Tuning Search Per-Album
The search dialog has three tuning controls below the prompt area, all stored per-album in the album's configuration. Their values are loaded automatically when you switch albums and persist back to the album's config when you change them.
- Min. score. Results below this similarity score are filtered out. Defaults are encoder-aware: 0.2 for CLIP and OpenCLIP albums, 0.005 for SigLIP albums. SigLIP's calibrated probability distribution is much more compressed than CLIP cosines, so its sensible threshold is roughly 40× lower. If you're seeing zero hits where you expect matches, try lowering the threshold first; if you're seeing too many weak matches, raise it.
- Max. results. Caps how many top-scoring results are returned. Default is 100. Increase this if you want to see the long tail of borderline matches; decrease it if you only want to see the strongest hits.
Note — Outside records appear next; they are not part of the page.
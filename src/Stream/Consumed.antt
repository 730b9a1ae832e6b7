-- ===== src/Stream/Consumed.antt =====
-- What a reader accepts, together with the bytes that it takes from the front of the input.
use backup_system.Base.{
  ◌≡◌, refl, sym, ap, ◌∙◌, subst, String, Bool, true, false, ◌⊎◌, inl, inr, [], ◌∷◌, ◌++◌,
  append_assoc, append-nil, All,
}
use backup_system.Base.Outcome
use backup_system.Base.Outcome.{Result, ok, err, out_of_fuel}
use backup_system.Stream.{Bytes, IsByte, Reader, ◌>>=◌, pure, ensure, at_end, run}

-- The outcome on an input: a value related to the bytes taken, or a message. Where `whole` holds,
-- nothing is left.
pub data Taken {ℓ κ} (whole : Bool) {A : Type ℓ} (R : A → Bytes → Type κ) (input : Bytes)
    : Result (A × Bytes) → Type (ℓ ⊔ κ) where
  accepted :
      {a : A} (xs rest : Bytes)
      → R a xs
      → input ≡ xs ++ rest
      → (whole ≡ true → rest ≡ [])
      → All IsByte rest
      → Taken whole R input (ok (a, rest))
  rejected : {e : String} → Taken whole R input (err e)

pub record Takes {ℓ κ} (whole : Bool) {A : Type ℓ} (R : A → Bytes → Type κ) (m : Reader A)
    : Type (ℓ ⊔ κ) where
  pub at : (input : Bytes) → All IsByte input → Taken whole R input (m input)

module _ {ℓ κ} {A : Type ℓ} {R : A → Bytes → Type κ} where
  pub Takes-pure : {a : A} → R a [] → Takes false R (pure a)
  Takes-pure h = record { at = λ input bytes. accepted [] input h refl (λ e. absurd (cc)) bytes }

  -- A reader that leaves nothing has taken the whole input.
  pub run-whole :
      (m : Reader A) (input : Bytes)
      → Takes true R m
      → All IsByte input
      → ((a : A) × (run m input ≡ ok a) × R a input) ⊎ ((e : String) × (run m input ≡ err e))
  run-whole m input h bytes = go (m input) refl (h.at input bytes)
    where
      go :
          (r : Result (A × Bytes))
          → m input ≡ r
          → Taken true R input r
          → ((a : A) × (run m input ≡ ok a) × R a input) ⊎ ((e : String) × (run m input ≡ err e))
      go (ok (a, left)) e (accepted xs rest p split none_left _) =
          let all : input ≡ xs = split ∙ ap (λ t. xs ++ t) (none_left refl) ∙ append-nil xs in
          inl (a, rw e, subst (λ t. R a t) (sym all) p)
      go (err x) e rejected = inr (x, rw e)
      go out_of_fuel e p = elim p [ ]

module _ {ℓ κ κ'} {A : Type ℓ} {R : A → Bytes → Type κ} {S : A → Bytes → Type κ'} where
  Taken-map :
      {whole : Bool} {input : Bytes} {r : Result (A × Bytes)}
      → Taken whole R input r
      → ((a : A) (xs : Bytes) → R a xs → S a xs)
      → Taken whole S input r
  Taken-map (accepted {a} xs rest h split end bytes) f = accepted xs rest (f a xs h) split end bytes
  Taken-map rejected f = rejected

  pub Takes-map :
      {whole : Bool} {m : Reader A}
      → Takes whole R m
      → ((a : A) (xs : Bytes) → R a xs → S a xs)
      → Takes whole S m
  Takes-map h f = record { at = λ input bytes. Taken-map (h.at input bytes) f }

-- A test by itself takes nothing.
pub Takes-test :
    (b : Bool) (message : String) → Takes false (λ _ xs. (xs ≡ []) × (b ≡ true)) (ensure b message)
Takes-test true message = record {
  at = λ input bytes. accepted [] input (refl, refl) refl (λ e. absurd (cc)) bytes;
}
Takes-test false message = record { at = λ input bytes. rejected }

-- A reader that leaves something has taken the front of the input.
pub run-front {ℓ κ} :
    {A : Type ℓ} {R : A → Bytes → Type κ} (m : Reader A) (input : Bytes)
    → Takes false R m
    → All IsByte input
    → ((a : A) × (run m input ≡ ok a)
        × ((xs : Bytes) × (rest : Bytes) × (input ≡ xs ++ rest) × R a xs))
      ⊎ ((e : String) × (run m input ≡ err e))
run-front {A} {R} m input h bytes = go (m input) refl (h.at input bytes)
  where
    go :
        (r : Result (A × Bytes))
        → m input ≡ r
        → Taken false R input r
        → ((a : A) × (run m input ≡ ok a)
            × ((xs : Bytes) × (rest : Bytes) × (input ≡ xs ++ rest) × R a xs))
          ⊎ ((e : String) × (run m input ≡ err e))
    go (ok (a, left)) e (accepted xs rest p split _ _) = inl (a, rw e, (xs, left, split, p))
    go (err x) e rejected = inr (x, rw e)
    go out_of_fuel e p = elim p [ ]

Taken-more {ℓ κ} :
    {whole : Bool} {B : Type ℓ} {S : B → Bytes → Type κ} {input : Bytes} {r : Result (B × Bytes)}
    (xs rest : Bytes)
    → input ≡ xs ++ rest
    → Taken whole (λ b ys. S b (xs ++ ys)) rest r
    → Taken whole S input r
Taken-more xs rest split (accepted ys left s split' end bytes) =
    accepted (xs ++ ys) left s (split ∙ ap (λ t. xs ++ t) split' ∙ sym (append_assoc xs ys left))
      end bytes
Taken-more xs rest split rejected = rejected

module _ {ℓ κ ℓ' κ'} {A : Type ℓ} {B : Type ℓ'} {R : A → Bytes → Type κ} {S : B → Bytes → Type κ'}
    {whole : Bool} where
  Taken-bind :
      {input : Bytes} {r : Result (A × Bytes)} (f : A → Reader B)
      → Taken false R input r
      → ((a : A) (xs : Bytes) → R a xs → Takes whole (λ b ys. S b (xs ++ ys)) (f a))
      → Taken whole S input (Outcome.◌>>=◌ r λ (a, rest). f a rest)
  Taken-bind f (accepted {a} xs rest h split _ bytes) k =
      Taken-more xs rest split ((k a xs h).at rest bytes)
  Taken-bind f rejected k = rejected

  pub Takes-bind :
      {m : Reader A} {f : A → Reader B}
      → Takes false R m
      → ((a : A) (xs : Bytes) → R a xs → Takes whole (λ b ys. S b (xs ++ ys)) (f a))
      → Takes whole S (m >>= f)
  Takes-bind {f} h k = record { at = λ input bytes. Taken-bind f (h.at input bytes) k }

module _ {ℓ κ} {A : Type ℓ} {R : A → Bytes → Type κ} where
  pub Takes-ensure :
      {whole : Bool} (b : Bool) (message : String) {k : Reader A}
      → (b ≡ true → Takes whole R k)
      → Takes whole R (ensure b message >>= λ _. k)
  Takes-ensure true message h = h refl
  Takes-ensure false message h = record { at = λ input bytes. rejected }

  nothing-Taken : {r : Result (A × Bytes)} → Taken false R [] r → Taken true R [] r
  nothing-Taken (accepted [] rest h split _ bytes) = accepted [] rest h split (λ _. sym split) bytes
  nothing-Taken (accepted (x ∷ xs) rest h split _ bytes) = absurd (cc)
  nothing-Taken rejected = rejected

  -- Nothing is left after the end.
  pub Takes-at_end :
      (message : String) {k : Reader A} → Takes false R k → Takes true R (at_end message >>= λ _. k)
  unfolding at_end
  Takes-at_end message {k} h = record { at = at_end-Taken }
    where
      at_end-Taken :
          (input : Bytes)
          → All IsByte input
          → Taken true R input (Outcome.◌>>=◌ (at_end message input) λ (u, rest). k rest)
      at_end-Taken [] bytes = nothing-Taken (h.at [] tt)
      at_end-Taken (b ∷ bs) bytes = rejected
- Query optimization (SigLIP only). When enabled, SigLIP wraps each text query in five modality-spanning templates (
"a photo of …","a drawing of …","an illustration of …","a painting of …", and the bare query), encodes them all, and averages the resulting embeddings. The intent is to make bare-noun queries (like"woman") match more strongly and to avoid systematically penalizing non-photo content (drawings, illustrations) in mixed-media albums. Effects vary by album — for some it improves recall on short queries; for others it lowers per-image cosines just enough to push everything below the SigLIP calibration cliff. Try both settings on your library; the toggle is greyed out for non-SigLIP albums where it has no effect.
Search by Map
Clicking on the ⊙ (target) icon will open the Semantic Map and position a yellow marker on the dot that corresponds to the current image in view:

If you hover over dots adjacent to the current one, PhotoMapAI will pop up a thumbnail image to show you the neighbors of the current image. Clicking on a colored cluster will select all members of the cluster, dim other clusters, and set the selected cluster's members as the current search results. To turn off the cluster highlighting and restore full brightness to all clusters, uncheck the Highlight selection checkbox in the bottom right-hand corner.
Clearing the Search
When a search is active, a green checkmark on top of one or more search icons indicates the search type, and a clear search X Icon appears in the row of search icons. Click this box to clear the search results and reset PhotoMapAI to album browsing mode. Alternatively you can individually clear the similarity search image, and the positive and negative text search fields, by clicking on the X marks in their respective fields of the combined image and text search dialogue.